● Material for this task
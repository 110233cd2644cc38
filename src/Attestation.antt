-- ===== src/Attestation.antt =====
-- Signed statements and the trust state of signing keys
-- (lineagelens-backend/app/core/attestation.py). Moments are whole microseconds.
pub mod Registry
pub mod Status
pub mod Revocation
mod Tests
use lineagelens.Prelude.{
  ℕ, String, Bool, true, false, Option, none, some, leb, ltb, str_eq, if◌then◌else◌, Dict, lookup,
}

-- The source's dict of a statement; `C` is the type of its claims.
pub record Statement (C : Type 0) : Type 0 where
  pub claims : C
  pub issued_at : String
  pub issuer : String
  pub prev_hash : String
  pub subject_id : String
  pub subject_type : String
  pub workspace_id : String

-- What the module takes from `json`, `datetime`, `cryptography` and the environment's private key.
-- `T` is the type of serialised statements. A malformed key or signature fails to verify.
pub record Signing (C T : Type 0) : Type 0 where
  pub dumps : Statement C → T
  pub loads : T → Option (Statement C)
  pub sign : T → String
  pub verify : String → String → T → Bool
  pub public_key_hex : Option String
  pub public_key_id : String
  pub fromisoformat : String → Option ℕ
  pub isoformat : ℕ → String

pub record SignedAttestation (C : Type 0) : Type 0 where
  pub statement : Statement C
  pub signature : String
  pub public_key_id : String

pub record KeyRecord : Type 0 where
  pub public_key_id : String
  pub public_key_hex : String
  pub valid_from : Option String
  pub valid_until : Option String
  pub compromised_at : Option String
  pub status : String

-- The texts of the source, one constructor for each.
pub data KeyStatus : Type 0 where
  valid not_yet_valid expired compromised retired unknown_key not_applicable : KeyStatus

pub data Reason : Type 0 where
  no_reason no_key_available signature_mismatch : Reason
  key_status : KeyStatus → Reason

-- The result dict of `verify_attestation_detailed`; its `valid` is spelled `is_valid` here.
pub record Verdict : Type 0 where
  pub is_valid : Bool
  pub signature_valid : Bool
  pub status : KeyStatus
  pub public_key_id : String
  pub reason : Reason

-- `x or d` on a text that may be absent.
abbrev pub text_or : Option String → String → String
text_or none d = d
text_or (some s) d = if str_eq s "" then d else s

-- `_parse_ts`; `iso` is `fromisoformat` after the replacement of `Z` and the default time zone.
unfoldable pub parse_ts : (String → Option ℕ) → Option String → Option ℕ
parse_ts iso none = none
parse_ts iso (some value) = if str_eq value "" then none else iso value

-- `limit is not None and moment >= limit`, and its two kin.
abbrev pub reached : Option ℕ → ℕ → Bool
reached none moment = false
reached (some limit) moment = leb limit moment

abbrev pub before : Option ℕ → ℕ → Bool
before none moment = false
before (some limit) moment = ltb moment limit

abbrev pub after : Option ℕ → ℕ → Bool
after none moment = false
after (some limit) moment = ltb limit moment

-- `at or datetime.now(tz=UTC)`
abbrev pub moment_or : Option ℕ → ℕ → ℕ
moment_or none now = now
moment_or (some at) now = at

unfoldable pub key_status_at : (String → Option ℕ) → ℕ → KeyRecord → Option ℕ → KeyStatus
unfolding parse_ts
key_status_at iso now record_ at =
    let moment = moment_or at now in
    if str_eq record_.status "retired"
    then retired
    else if reached (parse_ts iso record_.compromised_at) moment
    then compromised
    else if before (parse_ts iso record_.valid_from) moment
    then not_yet_valid
    else if after (parse_ts iso record_.valid_until) moment
    then expired
    else valid

-- `status == "valid"`
abbrev pub is_trusted : KeyStatus → Bool
is_trusted valid = true
is_trusted _ = false

module _ {C T : Type 0} (s : Signing C T) where
  -- `build_attestation` at the clock reading `now`.
  unfoldable pub build_attestation : String → String → C → String → Option String → ℕ → Statement C
  build_attestation subject_type subject_id claims workspace_id prev_hash now = record {
    claims = claims;
    issued_at = s.isoformat now;
    issuer = "lineagelens-attestation";
    prev_hash = text_or prev_hash "";
    subject_id = subject_id;
    subject_type = subject_type;
    workspace_id = workspace_id;
  }

  -- The statement with the signature of the loaded key.
  unfoldable pub with_signature : Statement C → SignedAttestation C
  with_signature statement = record {
    statement = statement;
    signature = s.sign (s.dumps statement);
    public_key_id = s.public_key_id;
  }

  -- `sign_attestation`; `none` is the `RuntimeError` of a private key that is missing or malformed,
  -- which has no public key either.
  unfoldable pub sign_attestation : Statement C → Option (SignedAttestation C)
  unfolding with_signature
  sign_attestation statement = elim s.public_key_hex [
    | none ↦ none
    | some hex ↦ some (with_signature statement)
  ]

  -- The key to verify with: the registry's, else the loaded one, which may be missing.
  unfoldable pub resolve_key : Option KeyRecord → Option String
  resolve_key none = s.public_key_hex
  resolve_key (some key) = some key.public_key_hex

  -- `key_status_at(record, moment) if record is not None else "valid"`
  unfoldable pub trust_of : Option KeyRecord → Option ℕ → ℕ → KeyStatus
  unfolding key_status_at
  trust_of none moment now = valid
  trust_of (some key) moment now = key_status_at s.fromisoformat now key moment

  -- `at or _parse_ts(signed.statement.get("issued_at"))`
  unfoldable pub moment_of : Option ℕ → SignedAttestation C → Option ℕ
  unfolding parse_ts
  moment_of (some at) signed = some at
  moment_of none signed = parse_ts s.fromisoformat (some signed.statement.issued_at)

  judge : SignedAttestation C → KeyStatus → Verdict
  judge signed status = record {
    is_valid = is_trusted status;
    signature_valid = true;
    status = status;
    public_key_id = signed.public_key_id;
    reason = if is_trusted status then no_reason else key_status status;
  }

  fail : SignedAttestation C → KeyStatus → Reason → Verdict
  fail signed status reason = record {
    is_valid = false;
    signature_valid = false;
    status = status;
    public_key_id = signed.public_key_id;
    reason = reason;
  }

  unfoldable pub verify_attestation_detailed :
      SignedAttestation C → Option ℕ → Dict KeyRecord → ℕ → Verdict
  unfolding resolve_key trust_of moment_of judge fail
  verify_attestation_detailed signed at registry now =
      let key = lookup signed.public_key_id registry in
      elim (resolve_key key) [
        | none ↦ fail signed unknown_key no_key_available
        | some hex ↦
            if s.verify hex signed.signature (s.dumps signed.statement)
            then judge signed (trust_of key (moment_of at signed) now)
            else fail signed not_applicable signature_mismatch
      ]

  -- `verify_attestation`; `registry` is what `_registry()` returns.
  unfoldable pub verify_attestation : SignedAttestation C → Option ℕ → Dict KeyRecord → ℕ → Bool
  unfolding verify_attestation_detailed
  verify_attestation signed at registry now =
      (verify_attestation_detailed signed at registry now).is_valid
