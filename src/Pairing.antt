-- ===== src/Pairing.antt =====
-- Pairing codes (lineagelens-backend/app/services/pairing_service.py). The calls take a code in its
-- normal form, `none` where `normalize_code` of Pairing/Codes raises; moments are whole microseconds.
-- Randomness is an argument: the code and the key that `secrets` draws.
pub mod Rows
pub mod Uses
pub mod Codes
pub mod Spelling
pub mod Typed
mod Tests
use Prim.Native.String
use lineagelens.Prelude.{
  ℕ, zero, suc, ◌+◌, ◌*◌, String, Bool, true, false, not, ◌&&◌, ◌||◌, Option, none, some, List, [],
  ◌∷◌, ◌++◌, any, leb, str_eq, if◌then◌else◌,
}
use lineagelens.Attestation.{text_or}

pub record PairingCode : Type 0 where
  pub id : String
  pub workspace_id : String
  pub created_by : String
  pub client : String
  pub code_hash : String
  pub label : Option String
  pub scopes : List String
  pub max_uses : ℕ
  pub use_count : ℕ
  pub attempts : ℕ
  pub expires_at : ℕ
  pub revoked_at : Option ℕ
  pub last_redeemed_label : Option String

-- The columns of `api_keys` that a redemption fills.
pub record ApiKey : Type 0 where
  pub workspace_id : String
  pub user_id : String
  pub name : String
  pub key_prefix : String
  pub key_hash : String
  pub scopes : List String
  pub is_active : Bool

-- One constructor for each message.
pub data PairingError : Type 0 where
  unknown_client ttl_out_of_range uses_out_of_range invalid_format invalid_code : PairingError
  locked_out revoked expired already_used not_found : PairingError

unfoldable pub status_code : PairingError → ℕ
status_code unknown_client = 400
status_code ttl_out_of_range = 400
status_code uses_out_of_range = 400
status_code invalid_format = 400
status_code invalid_code = 404
status_code not_found = 404
status_code _ = 410

pub data Outcome (A : Type 0) : Type 0 where
  raised : PairingError → Outcome A
  returned : A → Outcome A

abbrev pub max_ttl_minutes : ℕ
max_ttl_minutes = 120

abbrev pub max_uses : ℕ
max_uses = 25

abbrev pub allowed_clients : List String
allowed_clients = "vscode-power" ∷ "vscode-base" ∷ "mcp" ∷ "cli" ∷ []

-- `x in xs`
abbrev pub is_in : String → List String → Bool
is_in x xs = any (str_eq x) xs

unfoldable pub scopes_for_client : String → List String
scopes_for_client client =
    if str_eq client "vscode-power"
    then "read" ∷ "write" ∷ "provenance:read" ∷ "provenance:write" ∷ []
    else if str_eq client "vscode-base"
    then "provenance:write" ∷ []
    else if str_eq client "mcp"
    then "provenance:read" ∷ []
    else if str_eq client "cli"
    then "read" ∷ "write" ∷ "provenance:read" ∷ "provenance:write" ∷ []
    else "read" ∷ []

-- `text[:n]`
pub take_text : ℕ → String → String
take_text zero s = ""
take_text (suc n) String.[] = ""
take_text (suc n) (String.◌∷◌ c s) = String.◌∷◌ c (take_text n s)

-- `1 <= n <= limit`
abbrev pub in_range : ℕ → ℕ → Bool
in_range n limit = leb 1 n && leb n limit

-- The keyword arguments of `create_pairing_code`.
pub record NewCode : Type 0 where
  pub workspace_id : String
  pub created_by : String
  pub client : String
  pub label : Option String
  pub ttl_minutes : ℕ
  pub max_uses : ℕ

-- A call of `redeem_pairing_code` at the moment `now`; `raw_key` is what `secrets` draws.
pub record Redemption : Type 0 where
  pub code : Option String
  pub client : String
  pub label : Option String
  pub raw_key : String
  pub now : ℕ

-- The microseconds in a minute.
abbrev pub minute : ℕ
minute = 60000000

module _ (sha256_hex : String → String) where
  -- `create_pairing_code` with the row's new id and code.
  unfoldable pub create_pairing_code :
      NewCode → String → String → ℕ → List PairingCode → Outcome PairingCode × List PairingCode
  create_pairing_code new id code now codes =
      let row : PairingCode = record {
        id = id;
        workspace_id = new.workspace_id;
        created_by = new.created_by;
        client = new.client;
        code_hash = sha256_hex code;
        label = new.label;
        scopes = scopes_for_client new.client;
        max_uses = new.max_uses;
        use_count = 0;
        attempts = 0;
        expires_at = now + new.ttl_minutes * minute;
        revoked_at = none;
        last_redeemed_label = none;
      } in
      if not (is_in new.client allowed_clients)
      then (raised unknown_client, codes)
      else if not (in_range new.ttl_minutes max_ttl_minutes)
      then (raised ttl_out_of_range, codes)
      else if not (in_range new.max_uses max_uses)
      then (raised uses_out_of_range, codes)
      else (returned row, codes ++ row ∷ [])

-- `_record_failed_attempt`: the error that is raised, and the row.
unfoldable pub record_failed_attempt : PairingError → ℕ → PairingCode → PairingError × PairingCode
record_failed_attempt error now pairing =
    let counted = record pairing { attempts = pairing.attempts + 1 } in
    elim pairing.revoked_at [
      | some at ↦ (error, counted)
      | none ↦
          if leb 5 (pairing.attempts + 1)
          then (locked_out, record counted { revoked_at = some now })
          else (error, counted)
    ]

-- The guards of a redemption in their order.
unfoldable pub refusal : ℕ → PairingCode → Option PairingError
refusal now pairing = elim pairing.revoked_at [
  | some at ↦ some revoked
  | none ↦
      if leb pairing.expires_at now
      then some expired
      else if leb pairing.max_uses pairing.use_count
      then some already_used
      else none
]

module _ (sha256_hex : String → String) where
  unfoldable pub mint_key : Redemption → PairingCode → ApiKey
  unfolding take_text
  mint_key q pairing =
      let full_key = String.◌++◌ "llk_" q.raw_key in
      let name = String.◌++◌ "pairing:" (
        String.◌++◌ pairing.client
          (String.◌++◌ ":" (text_or q.label (text_or pairing.label pairing.id)))) in
      record {
        workspace_id = pairing.workspace_id;
        user_id = pairing.created_by;
        name = take_text 256 name;
        key_prefix = take_text 12 full_key;
        key_hash = sha256_hex full_key;
        scopes = scopes_for_client q.client;
        is_active = true;
      }

  -- A redemption of the row that has the code.
  unfoldable pub redeem_row : Redemption → PairingCode → Outcome ApiKey × PairingCode
  unfolding record_failed_attempt refusal mint_key
  redeem_row q pairing = elim (refusal q.now pairing) [
    | some error ↦ let (e, row) = record_failed_attempt error q.now pairing in (raised e, row)
    | none ↦ (
      returned (mint_key q pairing),
      record pairing { use_count = pairing.use_count + 1; last_redeemed_label = q.label },
    )
  ]

  -- The row with the hash is redeemed; the column `code_hash` is unique.
  unfoldable pub redeem_by_hash :
      String → Redemption → List PairingCode → Outcome ApiKey × List PairingCode
  unfolding redeem_row
  redeem_by_hash hash q [] = (raised invalid_code, [])
  redeem_by_hash hash q (pairing ∷ codes) =
      let (outcome, row) = redeem_row q pairing in
      let (later, rows) = redeem_by_hash hash q codes in
      if str_eq pairing.code_hash hash then (outcome, row ∷ codes) else (later, pairing ∷ rows)

  unfoldable pub redeem_pairing_code :
      Redemption → List PairingCode → Outcome ApiKey × List PairingCode
  unfolding redeem_by_hash
  redeem_pairing_code q codes =
      if not (is_in q.client allowed_clients) then (raised unknown_client, codes) else elim q.code [
        | none ↦ (raised invalid_format, codes)
        | some code ↦ redeem_by_hash (sha256_hex code) q codes
      ]

unfoldable pub revoke_row : ℕ → PairingCode → PairingCode
revoke_row now pairing = elim pairing.revoked_at [
  | some at ↦ pairing
  | none ↦ record pairing { revoked_at = some now }
]

-- `revoke_pairing_code`; `pairing_id` is `none` where it is no uuid. The column `id` is unique.
unfoldable pub revoke_by_id :
    String → String → ℕ → List PairingCode → Outcome PairingCode × List PairingCode
unfolding revoke_row
revoke_by_id id workspace_id now [] = (raised not_found, [])
revoke_by_id id workspace_id now (pairing ∷ codes) =
    let (later, rows) = revoke_by_id id workspace_id now codes in
    if str_eq pairing.id id && str_eq pairing.workspace_id workspace_id
    then (returned (revoke_row now pairing), revoke_row now pairing ∷ codes)
    else (later, pairing ∷ rows)

unfoldable pub revoke_pairing_code :
    Option String → String → ℕ → List PairingCode → Outcome PairingCode × List PairingCode
unfolding revoke_by_id
revoke_pairing_code none workspace_id now codes = (raised invalid_format, codes)
revoke_pairing_code (some id) workspace_id now codes = revoke_by_id id workspace_id now codes
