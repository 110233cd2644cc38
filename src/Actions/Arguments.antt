-- ===== src/Actions/Arguments.antt =====
-- The arguments of an action, cut to size: `_truncate_strings` and `_bound_arguments` of
-- lineagelens-backend/app/services/agent_action_service.py.
use lineagelens.Prelude.{
  ℕ, ◌+◌, String, Bool, true, Option, none, some, str_eq, ltb, leb, if◌then◌else◌,
}
use lineagelens.Pairing.{take_text}

-- A parsed JSON value; a number is its text.
mutual
  pub data Json : Type 0 where
    null : Json
    boolean : Bool → Json
    number : String → Json
    string : String → Json
    array : Elements → Json
    object : Members → Json

  pub data Elements : Type 0 where
    no_elements : Elements
    element : Json → Elements → Elements

  -- A dict, in insertion order.
  pub data Members : Type 0 where
    no_members : Members
    member : String → Json → Members → Members

-- `value[:max_len] if len(value) > max_len else value`, which is the prefix either way.
unfoldable mutual
  pub truncate_strings : ℕ → Json → Json
  truncate_strings max_len null = null
  truncate_strings max_len (boolean b) = boolean b
  truncate_strings max_len (number n) = number n
  truncate_strings max_len (string t) = string (take_text max_len t)
  truncate_strings max_len (array vs) = array (truncate_elements max_len vs)
  truncate_strings max_len (object ms) = object (truncate_members max_len ms)

  pub truncate_elements : ℕ → Elements → Elements
  truncate_elements max_len no_elements = no_elements
  truncate_elements max_len (element v vs) =
      element (truncate_strings max_len v) (truncate_elements max_len vs)

  pub truncate_members : ℕ → Members → Members
  truncate_members max_len no_members = no_members
  truncate_members max_len (member k v ms) =
      member k (truncate_strings max_len v) (truncate_members max_len ms)

-- `d[k] = v`
unfoldable pub set_member : String → Json → Members → Members
set_member k v no_members = member k v no_members
set_member k v (member j w ms) =
    if str_eq j k then member j v ms else member j w (set_member k v ms)

-- `d.get(k, default)`
unfoldable pub get_member : String → Json → Members → Json
get_member k default no_members = default
get_member k default (member j v ms) = if str_eq j k then v else get_member k default ms

abbrev pub args_max_bytes : ℕ
args_max_bytes = 4096

abbrev pub arg_string_truncate : ℕ
arg_string_truncate = 1024

-- `dumps_length` is the length of `json.dumps(…, default=str)`, `none` where it raises.
module _ (dumps_length : Members → Option ℕ) where
  -- The loop over `truncated.items()`, with `result` and `seen`.
  unfoldable pub keep_fitting : Members → ℕ → Members → Option Members
  unfolding set_member
  keep_fitting result seen no_members = some result
  keep_fitting result seen (member k v ms) = elim (dumps_length (member k v no_members)) [
    | none ↦ none
    | some chunk ↦
        let rest = keep_fitting (set_member k v result) (seen + chunk) ms in
        if ltb args_max_bytes (seen + chunk)
        then some (set_member "__truncated__" (boolean true) result)
        else rest
  ]

  abbrev pub or_error : Option Members → Members
  or_error none = member "__error__" (string "serialisation_failed") no_members
  or_error (some ms) = ms

  unfoldable pub bound_arguments : Option Members → Option Members
  unfolding truncate_members keep_fitting
  bound_arguments none = none
  bound_arguments (some no_members) = some no_members
  bound_arguments (some (member k v ms)) =
      let truncated = truncate_members arg_string_truncate (member k v ms) in
      some (
        or_error (elim (dumps_length truncated) [
          | none ↦ none
          | some serialised ↦
              if leb serialised args_max_bytes
              then some truncated
              else keep_fitting no_members 0 truncated
        ]))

● Assignment
Copy each line of the data that includes the word "boolean".

● Output below
    boolean : Bool → Json
  truncate_strings max_len (boolean b) = boolean b
        then some (set_member "__truncated__" (boolean true) result)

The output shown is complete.